De jaren 1940 - 1942

 

Tijdens de inval van de Duitsers op 10 mei 1940, werden alle strategisch geachte objecten in Nederland opgeblazen. In Nijmegen bleken hiertoe gerekend: de spoorbrug en de verkeersbrug over de Waal, de spoorwegviaducten in de Graafseweg en de St Annastraat, waarover lijn 1 reed, het er naast liggende viaduct van de Maas-Buurtspoorweg, alsmede enkele bomen langs het traject van lijn 2.

Op 15 mei reed lijn 3 weer en reed lijn 1 tot aan het opgeblazen viaduct. Lijn 2 reed weer vanaf 18 mei tot Beek en vanaf 23 mei naar Berg en Dal.

 

 

 

                

De door het Nederlandse leger opgeblazen verkeersbrug in de St Annastraat en het betonnen tramviaduct van de MBS, mei 1940.

Foto: verzameling Gemeente Archief Nijmegen.

 

 

 

Lijn 1 kon het geïsoleerde traject Thijmstraat - Kastanjelaan niet bereiken. Het oorspronkelijke viaduct, dat erg smal was, werd tot dan toe enkelsporig gepasseerd. De trams konden nu keren op het wissel voor de Groenewoudseweg; eventuele bijwagens werden omgerangeerd met behulp van mankracht en een lichte helling in het spoor. De reizigers konden vanafr juli 1940 het spoor weer oversteken via een houten voerbrug. Hoewel de MBS begin 1941 weer over de eigen herstelde trambrug kon rijden, wilde het herstel van de verkeerbrug niet erg vlotten, vanwege een financieel geschil met het rijk en de NS. Er werden een aantal creatieve ideeën bedacht om het tramverkeer te herstellen op het geïsoleerde tramtraject:

1. breng enkele motorwagens over, maar dit ketste af op een aantal praktische problemen, zoals het fysiek overbrengen van de wagens (onderstel en bak scheiden) en het ontbreken van faciliteiten voor onderhoud en. reparaties.

2. richt met enkele kleine bijwagens een paardentramdienst in, maar dit werd vanuit Amsterdam ten zeerste afgeraden naar aanleiding van proeven, die men daar al had uitgevoerd.

3. leg een strengelspoor aan voor de GTN (1067 mm) op de trambrug van de MBS (1000mm).

Dit laatste plan was het meest realistische en begin 1942 werd met de MBS vrijwel overeenstemming bereikt, toen bleek dat de verkeersbrug toch herbouwd zou gaan worden. De bouw werd in april 1942 begonnen en de trams van lijn 1 konden vanaf 12 november 1942 weer doorrijden tot aan de Kastanjelaan; nu op dubbelspoor over de brug tot aan de Groenestraat.

 

Andere problemen, waarmee het trambedrijf te maken kreeg waren de verduistering, waarbij met verduisterde koplampen en interieurverlichting in de donkere straten moest worden gereden en de winter van '41/'42, waarbij door hevige sneeuwval de dienst, met name op lijn 2, maar moeizaam gaande gehouden kon worden.

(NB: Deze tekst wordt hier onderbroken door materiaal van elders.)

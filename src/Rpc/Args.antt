-- ===== src/Rpc/Args.antt =====
-- How the arguments of a call travel: RPCManager::fillPacket writes the last one first, and a call
-- `f(p.read<Parameters>()...)` reads them in the order in which its arguments are evaluated.
use enki_net.Common.{ℕ, List, [], ◌∷◌, Bool, true, false, Outcome, ok, ◌>>=◌}
use enki_net.Packet.{Packet}
use enki_net.Packet.Codec.{put_number, get_number}

-- fillPacket, on sizes and values.
unfoldable pub put_args : List (ℕ × ℕ) → Packet → Outcome Packet
put_args [] p = ok p
put_args ((w, x) ∷ args) p = put_args args p >>= put_number w x

unfoldable pub get_args_right : List ℕ → Packet → Outcome (List ℕ × Packet)
get_args_right [] p = ok ([], p)
get_args_right (w ∷ ws) p = do
  (xs, q) ← get_args_right ws p
  (x, r) ← get_number w q
  ok (x ∷ xs, r)

unfoldable pub get_args_left : List ℕ → Packet → Outcome (List ℕ × Packet)
get_args_left [] p = ok ([], p)
get_args_left (w ∷ ws) p = do (x, q) ← get_number w p; (xs, r) ← get_args_left ws q; ok (x ∷ xs, r)

unfoldable pub get_args : Bool → List ℕ → Packet → Outcome (List ℕ × Packet)
unfolding get_args_right get_args_left
get_args true ws p = get_args_right ws p
get_args false ws p = get_args_left ws p
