-- ===== src/Rpc.antt =====
-- src/EnkiNet/Networking/RPC.hpp, RPCManager.hpp and RPCManager.cpp: remote procedure calls to free
-- functions and to entities. A function takes arithmetic parameters, given by their sizes, and acts on
-- the state `S` of the program. The registries are never iterated, so a std::map is a function.
pub mod Args
pub mod Calls
pub mod Transport
pub mod Delivery
use enki_net.Common.{
  ℕ, ◌+◌, ◌≤◌, Bool, true, false, not, ◌&&◌, ◌||◌, List, [], ◌∷◌, ◌++◌, Option, none, some, length,
  leb, ◌==◌, ◌===◌, if◌then◌else◌, Outcome, ok, throws, fault, ◌>>=◌, out_of_range, Exception,
}
use enki_net.Packet.{Packet, PacketHeader, of_header, empty, set_header, type_code, entity_rpc}
use enki_net.Packet.Codec.{put_number, get_number, put_string, get_string}
use enki_net.Entity.{EntityInfo, put_info, get_info, is_owner}
use Args.{put_args, get_args}

pub data RpcType : Type 0 where
  master remote remote_and_local master_and_remote local all : RpcType

abbrev pub rpc_code : RpcType → ℕ
rpc_code master = 0
rpc_code remote = 1
rpc_code remote_and_local = 2
rpc_code master_and_remote = 3
rpc_code local = 4
rpc_code all = 5

-- operator<<(Packet&, RPCType) and operator>>(Packet&, RPCType&); any byte can be read.
unfoldable pub put_rpc_type : RpcType → Packet → Outcome Packet
unfolding put_number
put_rpc_type r p = put_number 1 (rpc_code r) p

unfoldable pub get_rpc_type : Packet → Outcome (ℕ × Packet)
unfolding get_number
get_rpc_type p = get_number 1 p

-- RPCManager::RPCInfo: whether a call runs here, and whether it is sent.
unfoldable pub rpc_info : RpcType → Bool → Bool × Bool
rpc_info master owner = if owner then (true, false) else (false, true)
rpc_info remote owner = if owner then (false, true) else (false, false)
rpc_info remote_and_local owner = if owner then (true, true) else (false, false)
rpc_info master_and_remote owner = (false, true)
rpc_info local owner = (true, false)
rpc_info all owner = (true, true)

-- The errors that `receive` logs, after which the program goes on.
pub data ReceiveError : Type 0 where
  empty_packet invalid_name exception_caught : ReceiveError

module _ (S : Type 0) where
  pub record GlobalRpc : Type 0 where
    pub rpctype : RpcType
    pub params : List ℕ
    pub run : List ℕ → S → S

  -- The instance is the entity's id.
  pub record EntityRpc : Type 0 where
    pub rpctype : RpcType
    pub params : List ℕ
    pub run : ℕ → List ℕ → S → S

  pub record RpcManager : Type 0 where
    pub global_rpcs : List ℕ → Option GlobalRpc
    pub entity_rpcs : List ℕ → List ℕ → Option EntityRpc

module _ {S : Type 0} where
  -- add: a name that is taken stays as it is.
  unfoldable pub add_global :
      RpcType → List ℕ → List ℕ → (List ℕ → S → S) → RpcManager S → RpcManager S
  add_global t name params f m = elim (m.global_rpcs name) [
    | some old ↦ m
    | none ↦ record m {
      global_rpcs = λ n.
          if n === name
          then some (record { rpctype = t; params = params; run = f })
          else m.global_rpcs n;
    }
  ]

  unfoldable pub add_entity :
      RpcType → List ℕ → List ℕ → List ℕ → (ℕ → List ℕ → S → S) → RpcManager S → RpcManager S
  add_entity t type name params f m = elim (m.entity_rpcs type name) [
    | some old ↦ m
    | none ↦ record m {
      entity_rpcs = λ ty n.
          if (ty === type) && (n === name)
          then some (record { rpctype = t; params = params; run = f })
          else m.entity_rpcs ty n;
    }
  ]

  unfoldable pub global_rpc_type : List ℕ → RpcManager S → Outcome RpcType
  global_rpc_type name m = elim (m.global_rpcs name) [
    | none ↦ throws out_of_range
    | some r ↦ ok r.rpctype
  ]

  unfoldable pub entity_rpc_type : List ℕ → List ℕ → RpcManager S → Outcome RpcType
  entity_rpc_type type name m = elim (m.entity_rpcs type name) [
    | none ↦ throws out_of_range
    | some r ↦ ok r.rpctype
  ]

  -- The `catch` of `receive`.
  abbrev pub caught : S → Outcome (S × Option ReceiveError) → Outcome (S × Option ReceiveError)
  caught st (ok r) = ok r
  caught st (throws e) = ok (st, some exception_caught)
  caught st fault = fault

  -- The order in which a call evaluates its arguments is the compiler's choice.
  module _ (right_to_left : Bool) where
    -- RPCUtil::wrap: read the parameters and call.
    unfoldable pub wrap_global : GlobalRpc S → Packet → S → Outcome S
    wrap_global r p st = do (args, q) ← get_args right_to_left r.params p; ok (r.run args st)

    unfoldable pub wrap_entity : EntityRpc S → Packet → ℕ → S → Outcome S
    wrap_entity r p e st = do (args, q) ← get_args right_to_left r.params p; ok (r.run e args st)

    global_body : RpcManager S → Packet → S → Outcome (S × Option ReceiveError)
    global_body m p st =
        if leb (length p.bytes) p.bytes_read
        then ok (st, some empty_packet)
        else (get_string p >>= λ (name, q). elim (m.global_rpcs name) [
          | none ↦ ok (st, some invalid_name)
          | some r ↦ wrap_global r q st >>= λ st'. ok (st', none)
        ])

    -- receive(Packet)
    unfoldable pub receive_global : RpcManager S → Packet → S → Outcome (S × Option ReceiveError)
    unfolding global_body
    receive_global m p st = caught st (global_body m p st)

Om aan de stijgende vervoersvraag te kunnen voldoen, werden in de kleine motor- en bijwagens de vier vrijstaande éénpersoonsbanken verwijderd ten gunste van staanplaatsen. In de grote motorwagens, behalve bij de 26 en 27, gebeurde dit met de zes vrijstaande éénpersoonsbanken. Deze zitbanken zijn tot aan het einde van de tramdiensten niet meer teruggekeerd en waren opgeborgen in de goederenwagen (waarschijnlijk de M&W G2) achter in de remise.

Ondanks de oorlogsomstandigheden werd het materieel goed onderhouden, werden de revisies op tijd uitgevoerd en werd zelfs doorgegaan met het vervaardigen van schaarbeugels voor de grote motorwagens, die minder slijtage aan de bovenleiding veroorzaakten, dan de twee lyrabeugels.

 

 

 

                

Interieur van motorwagen 21, waarbij de eenpersoonszitplaatsen verwijderd zijn, 15 mei 1942. Foto: J. Voerman.

 

 

 

Hoewel de tram inmiddels winst maakte, werd het liquidatiebesluit niet teruggedraaid en kon geen rijdend personeel in vast dienst worden aangenomen. Hierdoor bestond het personeelsbestand op het laatst voor meer dan tweederde uit tijdelijk personeel.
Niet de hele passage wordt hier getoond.